А пока будь счастлива.

И вот двадцать лет по своему личному времени и почти семь по бундокскому я отправлялась туда, куда меня посылали, и расследовала то, что мне поручали. В боевиках я никогда не состояла – я не Гретхен, чей первенец происходит и от меня (полковник Эймс мой внук от Лазаруса), и от моей брачной сестры Хейзел-Гвен (Гретхен ее правнучка). Майор Гретхен высокая, сильная, мощная валькирия, смерть врагу и с оружием и без.

Драка – это не для Морин. Но в Корпусе нужны разные. Моя способность к языкам и любовь к истории делают меня подходящей разведчицей земли Ханаанской – или Японии тридцатых годов, любой страны и планеты.

Единственный другой талант, которым я обладаю, тоже иногда пригождается.

Итак, после двадцати лет практики предварительных исторических изысканий, касающихся параллели № 2 во второй фазе Постоянных Войн я взяла свободный уик-энд и купила билет на пространственно-временной автобус Бэрроу-Картера, идущий в Нью-Ливерпуль 1950 года, с целью поближе изучить историю войны 1939-1945 годов. Хильда создала целую подпольную сеть во всех вселенных – один из ее сообщников устраивает рейсы на все исследованные планеты и во все параллели времени в рамках определенного интервала – могут доставить и в точную дату, если заплатишь.

Водитель только что объявил: "Следующая остановка – Нью-Ливерпуль, Земля Прим, 1950 год второй параллели. Не забывайте свои вещи в салоне!" и тут раздался треск, автобус накренился, сопровождающий сказал: "Пройдите к аварийному выходу – сюда, пожалуйста". Кто-то сунул мне ребенка, все заволокло дымом, и я увидела мужчину с кровавым обрубком на месте правой руки.

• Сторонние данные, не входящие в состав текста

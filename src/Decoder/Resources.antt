-- ===== src/Decoder/Resources.antt =====
-- `init_decoder` and `cleanup_decoder` of frameset_server/src/viddec.c: what they allocate and free, and
-- the code that is returned.
use hand_motion_capture.Prelude.{
  ℕ, Bool, true, false, ◌&&◌, not, if◌then◌else◌, ◌≡◌, arith, ℤ, pos, negsuc, ltb_ℤ,
}

-- The pointers of `decoder` that are set.
pub record Held : Type 0 where
  pub ctx : Bool
  pub frame : Bool
  pub hw_frame : Bool
  pub pkt : Bool
  pub hw_device_ctx : Bool

abbrev pub nothing_held : Held
nothing_held = record {
  ctx = false;
  frame = false;
  hw_frame = false;
  pkt = false;
  hw_device_ctx = false;
}

abbrev pub all_held : Held
all_held = record { ctx = true; frame = true; hw_frame = true; pkt = true; hw_device_ctx = true }

-- What the library answers, in the order of the calls.
pub record Answers : Type 0 where
  pub finds_decoder : Bool
  pub allocates_context : Bool
  pub create_device : ℤ
  pub references_device : Bool
  pub open_codec : ℤ
  pub allocates_frame : Bool
  pub allocates_hw_frame : Bool
  pub allocates_packet : Bool
  pub get_buffer : ℤ

abbrev pub enodev : ℕ
enodev = 19

abbrev pub enomem : ℕ
enomem = 12

-- Each pointer is freed where it is set, and cleared.
unfoldable pub cleanup_decoder : Held → Held
cleanup_decoder h =
    let h1 = if h.pkt then record h { pkt = false } else h in
    let h2 = if h1.frame then record h1 { frame = false } else h1 in
    let h3 = if h2.hw_frame then record h2 { hw_frame = false } else h2 in
    let h4 = if h3.ctx then record h3 { ctx = false } else h3 in
    if h4.hw_device_ctx then record h4 { hw_device_ctx = false } else h4

-- From `av_frame_alloc` on, with `ret` as the calls before have left it.
unfoldable pub init_frames : Answers → ℤ → Held → ℤ × Held
unfolding cleanup_decoder
init_frames a ret h =
    let h' = record h {
      frame = a.allocates_frame;
      hw_frame = a.allocates_hw_frame;
      pkt = a.allocates_packet;
    } in
    if a.allocates_frame && (a.allocates_hw_frame && a.allocates_packet)
    then (if ltb_ℤ a.get_buffer (pos 0) then (a.get_buffer, cleanup_decoder h') else (pos 0, h'))
    else (ret, cleanup_decoder h')

unfoldable pub init_codec : Answers → ℤ → Held → ℤ × Held
unfolding init_frames cleanup_decoder
init_codec a ret h =
    if a.references_device
    then (if ltb_ℤ a.open_codec (pos 0)
        then (a.open_codec, cleanup_decoder h)
        else init_frames a a.open_codec h)
    else (ret, cleanup_decoder h)

unfoldable pub init_device : Answers → Held → ℤ × Held
unfolding init_codec cleanup_decoder
init_device a h =
    if ltb_ℤ a.create_device (pos 0)
    then (a.create_device, cleanup_decoder h)
    else init_codec a a.create_device (record h { hw_device_ctx = true })

unfoldable pub init_decoder : Answers → ℤ × Held
unfolding init_device
init_decoder a =
    if a.finds_decoder
    then (if a.allocates_context
        then init_device a (record nothing_held { ctx = true })
        else (negsuc 11, nothing_held))
    else (negsuc 18, nothing_held)

-- Every call succeeds.
abbrev pub all_succeed : Answers → Bool
all_succeed a =
    a.finds_decoder
    && (a.allocates_context
        && (not (ltb_ℤ a.create_device (pos 0))
            && (a.references_device
                && (not (ltb_ℤ a.open_codec (pos 0))
                    && (a.allocates_frame
                        && (a.allocates_hw_frame
                            && (a.allocates_packet && not (ltb_ℤ a.get_buffer (pos 0)))))))))

-- `init_decoder` sets all pointers if every call of it succeeds, and otherwise leaves none set: what it
-- allocated before the call that fails is freed.
pub init_decoder_held :
    (a : Answers) → (init_decoder a).1 ≡ (if all_succeed a then all_held else nothing_held)
unfolding init_decoder
init_decoder_held a = ground arith

-- If the calls of libavcodec that return a code return 0, and the reference to the device or the
-- allocation of a frame or of the packet fails, `init_decoder` returns 0, as on success, though it has
-- freed the decoder.
pub init_decoder_silent :
    (a : Answers)
    → a.finds_decoder ≡ true
    → a.allocates_context ≡ true
    → a.create_device ≡ pos 0
    → a.open_codec ≡ pos 0
    → a.references_device && (a.allocates_frame && (a.allocates_hw_frame && a.allocates_packet))
      ≡ false
    → init_decoder a ≡ (pos 0, nothing_held)
unfolding init_decoder
init_decoder_silent a f c d o m = ground arith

Наверное, я отключилась, потому что не помню, что было после.

И очнулась в постели с Пикселем и с трупом.

Глава 26

ПИКСЕЛЬ-СПАСАТЕЛЬ

После моего бурного пробуждения в номере гранд-отеля "Август" мы с Пикселем оказались наконец в кабинете доктора Эрика Ридпата и познакомились с его медсестрой Дагмар Доббс, тут же завоевавшей расположение Пикселя. Дагмар стала делать мне гинекологический осмотр и вдруг сказала, что сегодня фиеста Санта-Каролиты.

Хорошо, что она предварительно заставила меня помочиться в баночку, а то бы я, чего доброго, брызнула ей прямо в лицо.

Как я уже объяснила излишне подробно, "Санта-Каролита" – это моя дочь Кэрол, родившаяся в 1902 году по грегорианскому календарю, в Канзас-Сити на Теллус Прим, вторая параллель времени, код "Лесли Ле Круа".

"Каролинин день" впервые отметил Лазарус 26 июня 1918 года – это был обряд посвящения Кэрол, превращения ее из ребенка в женщину. Лазарус поднял за Кэрол бокал шампанского и в застольном слове, обращенном к ней, сказал, как чудесно быть женщиной, назвал привилегии и обязанности, связанные с этим новым восхитительным статусом, и объявил, что отныне и впредь 26 июня будет именоваться "Днем Каролины".